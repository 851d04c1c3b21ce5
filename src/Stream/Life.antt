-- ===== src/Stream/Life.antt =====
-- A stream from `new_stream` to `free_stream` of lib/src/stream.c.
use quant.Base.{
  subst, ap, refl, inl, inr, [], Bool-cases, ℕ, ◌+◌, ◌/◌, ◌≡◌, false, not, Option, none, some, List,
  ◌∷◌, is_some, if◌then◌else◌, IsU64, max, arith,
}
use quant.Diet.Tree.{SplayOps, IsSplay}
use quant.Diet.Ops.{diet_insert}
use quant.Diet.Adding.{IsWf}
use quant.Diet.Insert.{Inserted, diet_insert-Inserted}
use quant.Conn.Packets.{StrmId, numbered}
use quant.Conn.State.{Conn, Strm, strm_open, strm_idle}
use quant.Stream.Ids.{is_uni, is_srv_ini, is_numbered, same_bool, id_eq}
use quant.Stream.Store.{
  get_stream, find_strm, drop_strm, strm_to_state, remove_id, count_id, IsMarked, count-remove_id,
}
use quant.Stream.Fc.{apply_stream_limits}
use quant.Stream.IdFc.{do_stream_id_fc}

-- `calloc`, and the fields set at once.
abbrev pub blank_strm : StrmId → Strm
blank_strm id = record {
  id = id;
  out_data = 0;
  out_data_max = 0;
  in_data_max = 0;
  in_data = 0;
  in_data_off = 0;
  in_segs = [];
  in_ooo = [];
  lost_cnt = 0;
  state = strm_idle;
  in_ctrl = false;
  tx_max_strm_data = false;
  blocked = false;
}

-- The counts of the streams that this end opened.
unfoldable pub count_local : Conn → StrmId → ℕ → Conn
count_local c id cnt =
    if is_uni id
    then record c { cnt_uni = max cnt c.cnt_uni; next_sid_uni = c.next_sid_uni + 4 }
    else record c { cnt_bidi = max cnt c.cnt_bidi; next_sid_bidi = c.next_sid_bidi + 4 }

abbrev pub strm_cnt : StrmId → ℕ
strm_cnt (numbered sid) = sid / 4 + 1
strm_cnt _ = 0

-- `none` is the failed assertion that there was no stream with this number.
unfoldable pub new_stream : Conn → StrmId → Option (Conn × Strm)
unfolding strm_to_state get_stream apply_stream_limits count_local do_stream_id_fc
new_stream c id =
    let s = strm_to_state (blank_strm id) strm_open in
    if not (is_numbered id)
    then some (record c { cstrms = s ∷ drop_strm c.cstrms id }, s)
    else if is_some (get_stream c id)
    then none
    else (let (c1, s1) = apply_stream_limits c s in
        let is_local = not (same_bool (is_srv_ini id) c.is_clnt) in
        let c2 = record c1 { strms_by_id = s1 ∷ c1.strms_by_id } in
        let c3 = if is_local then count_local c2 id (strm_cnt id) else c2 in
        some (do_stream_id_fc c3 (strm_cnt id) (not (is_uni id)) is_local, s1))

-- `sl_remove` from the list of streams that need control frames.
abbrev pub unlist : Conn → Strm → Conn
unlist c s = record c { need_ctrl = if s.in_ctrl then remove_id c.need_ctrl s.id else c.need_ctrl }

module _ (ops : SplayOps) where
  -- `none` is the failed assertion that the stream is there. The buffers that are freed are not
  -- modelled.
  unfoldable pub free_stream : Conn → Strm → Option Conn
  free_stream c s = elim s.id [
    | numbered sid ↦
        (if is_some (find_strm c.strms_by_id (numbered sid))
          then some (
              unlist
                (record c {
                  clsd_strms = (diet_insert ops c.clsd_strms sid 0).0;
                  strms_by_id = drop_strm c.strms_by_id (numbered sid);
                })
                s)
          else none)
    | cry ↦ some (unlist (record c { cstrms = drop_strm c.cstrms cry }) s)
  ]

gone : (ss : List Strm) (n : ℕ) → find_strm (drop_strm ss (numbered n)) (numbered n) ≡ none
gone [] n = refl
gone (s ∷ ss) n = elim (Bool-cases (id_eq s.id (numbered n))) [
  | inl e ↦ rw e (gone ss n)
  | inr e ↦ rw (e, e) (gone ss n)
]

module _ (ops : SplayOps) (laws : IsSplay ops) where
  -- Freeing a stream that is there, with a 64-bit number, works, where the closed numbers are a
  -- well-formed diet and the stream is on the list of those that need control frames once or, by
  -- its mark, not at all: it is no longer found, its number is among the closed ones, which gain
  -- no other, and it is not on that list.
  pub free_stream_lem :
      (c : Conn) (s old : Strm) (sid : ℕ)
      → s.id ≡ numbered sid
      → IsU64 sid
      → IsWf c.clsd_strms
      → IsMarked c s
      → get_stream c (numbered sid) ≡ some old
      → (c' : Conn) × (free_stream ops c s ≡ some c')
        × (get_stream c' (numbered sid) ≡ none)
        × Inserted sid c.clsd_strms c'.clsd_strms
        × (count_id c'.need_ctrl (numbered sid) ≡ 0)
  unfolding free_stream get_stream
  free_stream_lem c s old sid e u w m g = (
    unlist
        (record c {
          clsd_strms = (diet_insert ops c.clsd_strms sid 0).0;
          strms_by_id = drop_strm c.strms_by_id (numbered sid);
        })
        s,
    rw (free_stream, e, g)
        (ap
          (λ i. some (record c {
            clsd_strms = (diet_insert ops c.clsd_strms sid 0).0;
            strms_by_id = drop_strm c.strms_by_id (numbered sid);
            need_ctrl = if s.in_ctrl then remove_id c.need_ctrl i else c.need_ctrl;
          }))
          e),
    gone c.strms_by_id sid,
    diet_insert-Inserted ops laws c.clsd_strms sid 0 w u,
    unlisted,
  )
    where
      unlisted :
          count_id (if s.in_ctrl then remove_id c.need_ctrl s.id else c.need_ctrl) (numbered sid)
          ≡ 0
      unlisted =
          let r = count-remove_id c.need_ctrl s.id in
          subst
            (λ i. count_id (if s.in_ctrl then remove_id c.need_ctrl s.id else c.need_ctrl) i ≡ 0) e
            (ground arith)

---

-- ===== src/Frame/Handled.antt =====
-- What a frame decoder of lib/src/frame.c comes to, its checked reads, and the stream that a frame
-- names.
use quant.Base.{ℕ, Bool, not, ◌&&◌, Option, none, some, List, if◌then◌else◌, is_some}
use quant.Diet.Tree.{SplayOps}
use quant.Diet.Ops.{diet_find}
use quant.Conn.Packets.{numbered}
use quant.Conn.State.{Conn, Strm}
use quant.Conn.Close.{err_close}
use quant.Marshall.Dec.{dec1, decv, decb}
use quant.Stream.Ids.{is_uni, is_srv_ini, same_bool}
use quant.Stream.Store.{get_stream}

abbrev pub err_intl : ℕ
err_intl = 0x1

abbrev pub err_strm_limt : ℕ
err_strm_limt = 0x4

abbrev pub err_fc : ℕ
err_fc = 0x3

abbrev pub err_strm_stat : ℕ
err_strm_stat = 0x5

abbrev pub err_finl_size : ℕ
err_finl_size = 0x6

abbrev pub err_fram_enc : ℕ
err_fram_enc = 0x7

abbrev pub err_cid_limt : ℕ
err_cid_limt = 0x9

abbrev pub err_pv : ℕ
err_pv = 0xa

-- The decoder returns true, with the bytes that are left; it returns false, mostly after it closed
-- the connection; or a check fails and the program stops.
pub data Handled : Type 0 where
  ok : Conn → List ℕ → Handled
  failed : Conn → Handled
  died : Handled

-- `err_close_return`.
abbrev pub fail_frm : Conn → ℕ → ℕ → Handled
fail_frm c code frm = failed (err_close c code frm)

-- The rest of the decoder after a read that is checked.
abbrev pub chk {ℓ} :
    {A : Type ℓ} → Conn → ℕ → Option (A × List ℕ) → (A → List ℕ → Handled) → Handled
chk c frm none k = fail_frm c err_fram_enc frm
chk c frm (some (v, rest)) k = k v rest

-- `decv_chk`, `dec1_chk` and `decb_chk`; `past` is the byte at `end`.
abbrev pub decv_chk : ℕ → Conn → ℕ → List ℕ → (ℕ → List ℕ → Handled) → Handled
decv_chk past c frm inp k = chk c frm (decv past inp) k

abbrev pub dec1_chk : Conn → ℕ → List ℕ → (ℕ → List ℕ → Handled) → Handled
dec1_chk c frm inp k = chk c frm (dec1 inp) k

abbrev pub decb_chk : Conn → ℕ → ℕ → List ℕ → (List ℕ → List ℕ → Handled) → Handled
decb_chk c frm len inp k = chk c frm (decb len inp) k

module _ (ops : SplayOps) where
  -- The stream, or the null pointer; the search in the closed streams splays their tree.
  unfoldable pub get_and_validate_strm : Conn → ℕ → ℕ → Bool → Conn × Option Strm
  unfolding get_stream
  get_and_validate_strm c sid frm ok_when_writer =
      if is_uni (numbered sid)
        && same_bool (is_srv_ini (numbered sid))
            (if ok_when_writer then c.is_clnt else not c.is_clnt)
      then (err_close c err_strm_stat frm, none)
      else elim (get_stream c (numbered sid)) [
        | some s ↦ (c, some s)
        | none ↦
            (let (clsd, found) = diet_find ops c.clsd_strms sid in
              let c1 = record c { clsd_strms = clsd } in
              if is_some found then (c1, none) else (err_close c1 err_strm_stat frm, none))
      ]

---

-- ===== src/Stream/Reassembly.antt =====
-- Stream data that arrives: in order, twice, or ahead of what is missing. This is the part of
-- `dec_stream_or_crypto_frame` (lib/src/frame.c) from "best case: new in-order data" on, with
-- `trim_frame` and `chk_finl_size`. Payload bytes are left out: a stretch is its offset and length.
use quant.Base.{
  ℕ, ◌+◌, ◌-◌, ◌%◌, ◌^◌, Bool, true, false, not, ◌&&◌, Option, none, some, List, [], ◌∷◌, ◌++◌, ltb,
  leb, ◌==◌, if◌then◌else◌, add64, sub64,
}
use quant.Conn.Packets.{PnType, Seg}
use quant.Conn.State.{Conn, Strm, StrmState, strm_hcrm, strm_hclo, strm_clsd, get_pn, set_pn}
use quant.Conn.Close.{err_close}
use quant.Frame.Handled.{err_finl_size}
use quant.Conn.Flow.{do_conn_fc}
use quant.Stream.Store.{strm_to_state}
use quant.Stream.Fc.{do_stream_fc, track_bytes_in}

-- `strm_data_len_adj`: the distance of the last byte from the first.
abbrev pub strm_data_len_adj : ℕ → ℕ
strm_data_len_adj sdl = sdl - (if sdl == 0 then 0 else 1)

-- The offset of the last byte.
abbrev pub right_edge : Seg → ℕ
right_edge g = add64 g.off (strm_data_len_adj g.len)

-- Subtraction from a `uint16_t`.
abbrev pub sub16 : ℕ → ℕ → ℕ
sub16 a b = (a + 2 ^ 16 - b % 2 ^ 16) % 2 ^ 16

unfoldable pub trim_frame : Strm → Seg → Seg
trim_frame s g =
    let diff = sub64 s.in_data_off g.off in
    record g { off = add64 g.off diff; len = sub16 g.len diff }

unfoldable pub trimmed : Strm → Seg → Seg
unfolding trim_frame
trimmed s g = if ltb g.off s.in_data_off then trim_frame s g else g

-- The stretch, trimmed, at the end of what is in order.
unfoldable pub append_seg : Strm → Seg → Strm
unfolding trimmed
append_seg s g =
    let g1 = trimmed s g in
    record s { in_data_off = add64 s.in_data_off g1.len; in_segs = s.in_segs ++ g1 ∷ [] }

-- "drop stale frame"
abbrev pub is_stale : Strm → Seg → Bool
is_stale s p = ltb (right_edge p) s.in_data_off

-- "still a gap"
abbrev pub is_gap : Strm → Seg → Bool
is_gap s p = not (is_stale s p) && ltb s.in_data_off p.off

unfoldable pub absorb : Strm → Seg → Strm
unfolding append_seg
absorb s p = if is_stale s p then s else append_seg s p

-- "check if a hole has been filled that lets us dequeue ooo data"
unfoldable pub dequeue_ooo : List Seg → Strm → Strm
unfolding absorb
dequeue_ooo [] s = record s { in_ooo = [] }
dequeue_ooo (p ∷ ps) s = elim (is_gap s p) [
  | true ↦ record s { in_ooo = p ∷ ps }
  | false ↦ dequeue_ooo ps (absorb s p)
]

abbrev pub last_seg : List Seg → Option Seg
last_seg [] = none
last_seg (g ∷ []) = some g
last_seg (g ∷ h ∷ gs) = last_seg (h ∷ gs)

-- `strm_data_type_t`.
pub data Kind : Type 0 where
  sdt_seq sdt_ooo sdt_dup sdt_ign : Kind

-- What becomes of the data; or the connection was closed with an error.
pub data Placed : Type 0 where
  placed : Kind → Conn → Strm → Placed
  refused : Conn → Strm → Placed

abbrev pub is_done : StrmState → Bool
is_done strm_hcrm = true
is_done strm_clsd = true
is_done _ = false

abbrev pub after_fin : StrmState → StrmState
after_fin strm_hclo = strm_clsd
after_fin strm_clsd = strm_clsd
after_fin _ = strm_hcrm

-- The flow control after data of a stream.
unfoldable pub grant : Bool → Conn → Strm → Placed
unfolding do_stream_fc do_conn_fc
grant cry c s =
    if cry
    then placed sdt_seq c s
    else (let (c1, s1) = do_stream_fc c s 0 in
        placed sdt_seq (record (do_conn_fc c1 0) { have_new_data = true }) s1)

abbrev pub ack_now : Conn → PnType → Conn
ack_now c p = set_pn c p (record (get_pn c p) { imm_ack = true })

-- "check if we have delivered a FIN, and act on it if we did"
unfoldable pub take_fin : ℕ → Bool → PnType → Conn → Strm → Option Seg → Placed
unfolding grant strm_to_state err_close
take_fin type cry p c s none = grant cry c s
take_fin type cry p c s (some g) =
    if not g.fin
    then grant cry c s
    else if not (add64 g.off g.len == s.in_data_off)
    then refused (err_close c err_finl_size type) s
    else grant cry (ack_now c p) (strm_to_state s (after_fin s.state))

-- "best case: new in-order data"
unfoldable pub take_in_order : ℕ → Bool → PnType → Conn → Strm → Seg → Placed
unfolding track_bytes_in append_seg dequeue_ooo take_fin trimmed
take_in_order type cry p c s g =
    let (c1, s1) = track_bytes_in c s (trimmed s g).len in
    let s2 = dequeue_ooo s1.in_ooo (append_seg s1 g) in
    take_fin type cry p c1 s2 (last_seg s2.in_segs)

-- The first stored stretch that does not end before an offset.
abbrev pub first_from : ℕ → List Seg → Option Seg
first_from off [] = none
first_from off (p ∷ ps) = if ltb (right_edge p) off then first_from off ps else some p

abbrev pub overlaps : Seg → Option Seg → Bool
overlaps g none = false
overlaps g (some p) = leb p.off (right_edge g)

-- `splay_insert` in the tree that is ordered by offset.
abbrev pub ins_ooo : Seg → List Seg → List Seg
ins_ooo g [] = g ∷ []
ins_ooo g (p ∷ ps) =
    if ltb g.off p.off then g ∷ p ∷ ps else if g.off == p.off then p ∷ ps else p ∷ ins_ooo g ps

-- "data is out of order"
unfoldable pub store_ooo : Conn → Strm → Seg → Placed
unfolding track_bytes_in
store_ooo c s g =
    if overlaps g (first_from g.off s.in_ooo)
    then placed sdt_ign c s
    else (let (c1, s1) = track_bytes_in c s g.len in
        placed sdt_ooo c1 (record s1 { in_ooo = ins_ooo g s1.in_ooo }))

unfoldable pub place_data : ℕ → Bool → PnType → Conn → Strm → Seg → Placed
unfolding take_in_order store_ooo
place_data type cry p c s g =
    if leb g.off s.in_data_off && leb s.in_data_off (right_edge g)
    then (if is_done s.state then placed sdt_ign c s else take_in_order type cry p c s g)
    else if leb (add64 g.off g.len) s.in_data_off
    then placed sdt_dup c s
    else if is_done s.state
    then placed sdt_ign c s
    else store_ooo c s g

» Task item
Find where the line with "abbrev pub err_finl_size : ℕ" sits in the material above, then copy exactly from it through the line with "(A → List ℕ → Handled) → Handled". Add no other line.

» Reply to the task
abbrev pub err_finl_size : ℕ
err_finl_size = 0x6

abbrev pub err_fram_enc : ℕ
err_fram_enc = 0x7

abbrev pub err_cid_limt : ℕ
err_cid_limt = 0x9

abbrev pub err_pv : ℕ
err_pv = 0xa

-- The decoder returns true, with the bytes that are left; it returns false, mostly after it closed
-- the connection; or a check fails and the program stops.
pub data Handled : Type 0 where
  ok : Conn → List ℕ → Handled
  failed : Conn → Handled
  died : Handled

-- `err_close_return`.
abbrev pub fail_frm : Conn → ℕ → ℕ → Handled
fail_frm c code frm = failed (err_close c code frm)

-- The rest of the decoder after a read that is checked.
abbrev pub chk {ℓ} :
    {A : Type ℓ} → Conn → ℕ → Option (A × List ℕ) → (A → List ℕ → Handled) → Handled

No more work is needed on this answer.